Cytoplasmic expression was up-regulated in tumours in 33/35 patients (94.3%). Nuclear Notch4 was absent from normal ductal cells, but present in 8 resected PDAC (Table 3). Significant inverse associations were noted between Notch4 and Notch1. Cytoplasmic Notch4 was also positively associated with nuclear Notch3 (p = 0.009). Notch4 was not associated with any clinicopathological variable, although there were trends towards increased cytoplasmic expression associated with well/moderate tumour differentiation and negative lymph node status (p = 0.086 and 0.050 respectively).

HES-1.

Cytoplasmic HES-1 was detected in all resected specimens, with up-regulation in 8/35 patients (22.9%). Nuclear stain was identified in normal ductal cells of 8 patients (22.9%), but in the tumours of 33 resected patients (78.6%, p<0.001 Table 3).
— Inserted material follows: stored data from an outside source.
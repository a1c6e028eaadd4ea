-- ===== src/Timestamp/Checks.antt =====
-- What the two timestamp checkers (wardrobe/timestamp/src/lib.rs) accept.
use tuxedo.Base.{
  ℕ, ◌≤◌, ◌<◌, ◌≡◌, ◌↔◌, ◌⊎◌, sym, true, ◌||◌, List, [], ◌∷◌, arith, length, is_empty, not, ◌==◌,
  ==_iff, leb, ok, All, All-imp, for_each, >>=-eq-ok, ensure-eq-ok, is_empty_iff, ok_injective,
}
use tuxedo.Codec.{Codec}
use tuxedo.DynamicTyping.{DynamicallyTypedData, datum_at, extract, extract_or}
use tuxedo.DynamicTyping.Typed.{Typed, extract_or_iff, one-Typed, of_one-Typed, for_each-Typed_iff}
use tuxedo.Timestamp.{
  Timestamp, TimestampConfig, TimestampError, timestamp_data, add_u64, add_u32, check_set_timestamp,
  check_clean_up, cleanup_test,
}

head_datum :
    {E : Type 0} (ds : List DynamicallyTypedData) (d : DynamicallyTypedData)
    → datum_at {E = E} ds 0 ≡ ok d
    → (rest : List DynamicallyTypedData) × (ds ≡ d ∷ rest)
head_datum [] d h = cc
head_datum (a ∷ ds) d h = (ds, rw (ok_injective h))

late_enough_iff :
    (block earliest time : ℕ)
    → (block == 0 || leb earliest time ≡ true) ↔ ((block ≡ 0) ⊎ (earliest ≤ time))
late_enough_iff block earliest time = ground arith

module _ {S : Type 0} (config : TimestampConfig S) (codec : Codec Timestamp) where
  -- The only output is a timestamp of this block, the first peek is one of the block before, and
  -- unless that is block zero, the interval between the two is long enough.
  abbrev pub IsSetTimestamp :
      S → (inputs evicted peeks outputs : List DynamicallyTypedData) → Type 0
  IsSetTimestamp s inputs evicted peeks outputs =
      (old new : Timestamp) × (first : DynamicallyTypedData) × (more : List DynamicallyTypedData)
      × (inputs ≡ [])
      × (evicted ≡ [])
      × Typed (timestamp_data codec) outputs (new ∷ [])
      × (peeks ≡ first ∷ more)
      × (extract (timestamp_data codec) first ≡ ok old)
      × (new.block ≡ config.block_height s)
      × (new.block ≡ add_u32 old.block 1)
      × ((old.block ≡ 0) ⊎ (add_u64 old.time config.minimum_time_interval ≤ new.time))

  -- Old enough, by its time and by its block, to be cleaned up.
  abbrev pub IsOutdated : S → Timestamp → Timestamp → Type 0
  IsOutdated s reference old =
      (add_u64 old.time config.min_time_before_cleanup < reference.time)
      × (add_u32 old.block config.min_blocks_before_cleanup < config.block_height s)

  abbrev pub IsCleanUp : S → (inputs evicted peeks outputs : List DynamicallyTypedData) → Type 0
  IsCleanUp s inputs evicted peeks outputs =
      (reference : Timestamp) × (outdated : List Timestamp) × (first : DynamicallyTypedData)
      × (more : List DynamicallyTypedData) × (inputs ≡ [])
      × (outputs ≡ [])
      × (peeks ≡ first ∷ more)
      × (extract (timestamp_data codec) first ≡ ok reference)
      × Typed (timestamp_data codec) evicted outdated
      × All (IsOutdated s reference) outdated

  -- Setting the timestamp is accepted exactly if nothing is consumed or evicted, the only output is
  -- a timestamp of the current block, the first peek is one of the block before, and the new time
  -- is at least the minimum interval after the old one unless the old block is zero (sums modulo 2
  -- ^ 64 and 2 ^ 32); the priority is zero.
  pub check_set_timestamp_iff :
      (s : S) (inputs evicted peeks outputs : List DynamicallyTypedData) (priority : ℕ)
      → (check_set_timestamp config codec s inputs evicted peeks outputs ≡ ok priority)
        ↔ ((priority ≡ 0) × IsSetTimestamp s inputs evicted peeks outputs)
  unfolding check_set_timestamp
  check_set_timestamp_iff s inputs evicted peeks outputs priority =
      let u = timestamp_data codec in
      (
        λ h.
            let (e1, h1) = ensure-eq-ok (is_empty inputs) _ _ h in
            let (e2, h2) = ensure-eq-ok (is_empty evicted) _ _ h1 in
            let (e3, h3) = ensure-eq-ok (not (is_empty outputs)) _ _ h2 in
            let (d, e4, h4) = >>=-eq-ok (datum_at outputs 0) _ h3 in
            let (new, e5, h5) = >>=-eq-ok (extract_or u _ d) _ h4 in
            let (e6, h6) = ensure-eq-ok (length outputs == 1) _ _ h5 in
            let (e7, h7) = ensure-eq-ok (new.block == _) _ _ h6 in
            let (e8, h8) = ensure-eq-ok (not (is_empty peeks)) _ _ h7 in
            let (first, e9, h9) = >>=-eq-ok (datum_at peeks 0) _ h8 in
            let (old, f1, k1) = >>=-eq-ok (extract_or u _ first) _ h9 in
            let (f2, k2) = ensure-eq-ok (old.block == 0 || leb _ new.time) _ _ k1 in
            let (f3, k3) = ensure-eq-ok (new.block == _) _ _ k2 in
            let (more, f4) = head_datum peeks first e9 in
            (
              sym (ok_injective k3),
              (
                old,
                new,
                first,
                more,
                is_empty_iff _ e1,
                is_empty_iff _ e2,
                one-Typed u outputs _ d new e6 e4 e5,
                f4,
                (extract_or_iff u _ first old).0 f1,
                (==_iff _ _).0 e7,
                (==_iff _ _).0 f3,
                (late_enough_iff old.block _ new.time).0 f2,
              ),
            ),
        λ (p, (old, new, first, more, e1, e2, o, e3, e4, height, next, late)).
            let (d, e5, e6) = of_one-Typed u TimestampError.badly_typed outputs new o in
            rw (
              e1,
              e2,
              e5,
              e6,
              (==_iff _ _).1 height,
              e3,
              (extract_or_iff u TimestampError.badly_typed first old).1 e4,
              (late_enough_iff old.block _ new.time).1 late,
              (==_iff _ _).1 next,
              p,
            ),
      )

  cleanup_test_iff :
      (s : S) (reference old : Timestamp)
      → (cleanup_test config codec s reference old ≡ ok tt) ↔ IsOutdated s reference old
  cleanup_test_iff s reference old = ground arith

  -- Cleaning up is accepted exactly if there are no inputs and outputs, the first peek is a
  -- timestamp, and all evictions are timestamps older than it by more than the minimum time and
  -- older than the current block by more than the minimum number of blocks (sums modulo 2 ^ 64 and
  -- 2 ^ 32); the priority is zero.
  check_clean_up_iff :
      (s : S) (inputs evicted peeks outputs : List DynamicallyTypedData) (priority : ℕ)
      → (check_clean_up config codec s inputs evicted peeks outputs ≡ ok priority)
        ↔ ((priority ≡ 0) × IsCleanUp s inputs evicted peeks outputs)
  unfolding check_clean_up
  check_clean_up_iff s inputs evicted peeks outputs priority =
      let u = timestamp_data codec in
      let loop = λ (reference : Timestamp).
        for_each-Typed_iff u TimestampError.badly_typed (cleanup_test config codec s reference)
          evicted in
      (
        λ h.
            let (e1, h1) = ensure-eq-ok (is_empty inputs) _ _ h in
            let (e2, h2) = ensure-eq-ok (not (is_empty peeks)) _ _ h1 in
            let (first, e3, h3) = >>=-eq-ok (datum_at peeks 0) _ h2 in
            let (reference, e4, h4) = >>=-eq-ok (extract_or u _ first) _ h3 in
            let (e5, h5) = ensure-eq-ok (is_empty outputs) _ _ h4 in
            let (one, e6, h6) = >>=-eq-ok (for_each _ evicted) _ h5 in
            let (outdated, holds, all) = (loop reference).0 e6 in
            let (more, e7) = head_datum peeks first e3 in
            (
              sym (ok_injective h6),
              (
                reference,
                outdated,
                first,
                more,
                is_empty_iff _ e1,
                is_empty_iff _ e5,
                e7,
                (extract_or_iff u _ first reference).0 e4,
                holds,
                All-imp (λ old. (cleanup_test_iff s reference old).0) outdated all,
              ),
            ),
        λ (p, (reference, outdated, first, more, e1, e2, e3, e4, holds, all)). rw (
          e1,
          e2,
          e3,
          (extract_or_iff u TimestampError.badly_typed first reference).1 e4,
          (loop reference).1
              (outdated, holds, All-imp (λ old. (cleanup_test_iff s reference old).1) outdated all),
          p,
        ),
      )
HES-1 was significantly associated with Notch1 (p = 0.020 cytoplasmic; 0.013 nuclear), but not with any clinicopathological variable, although there was a trend towards nuclear expression being associated with perineural invasion (p = 0.073).

HEY-1.

In contrast, HEY-1 was up-regulated in tumours from 33/35 patients (94.2%), with nuclear stain in 11 resected PDAC (26.2%, p = 0.001) and 38 (76%) advanced tumours (Table 3; Figure 2). There were significant associations between HEY-1 and Notch3 (p≤0.001). Nuclear HEY-1 in PDAC was strongly associated with the presence of local lymph node metastases and microvessel invasion (p = 0.003), as well as perineural invasion (p = 0.048), younger age (p = 0.022), and a trend towards association with tumour stage (p = 0.058).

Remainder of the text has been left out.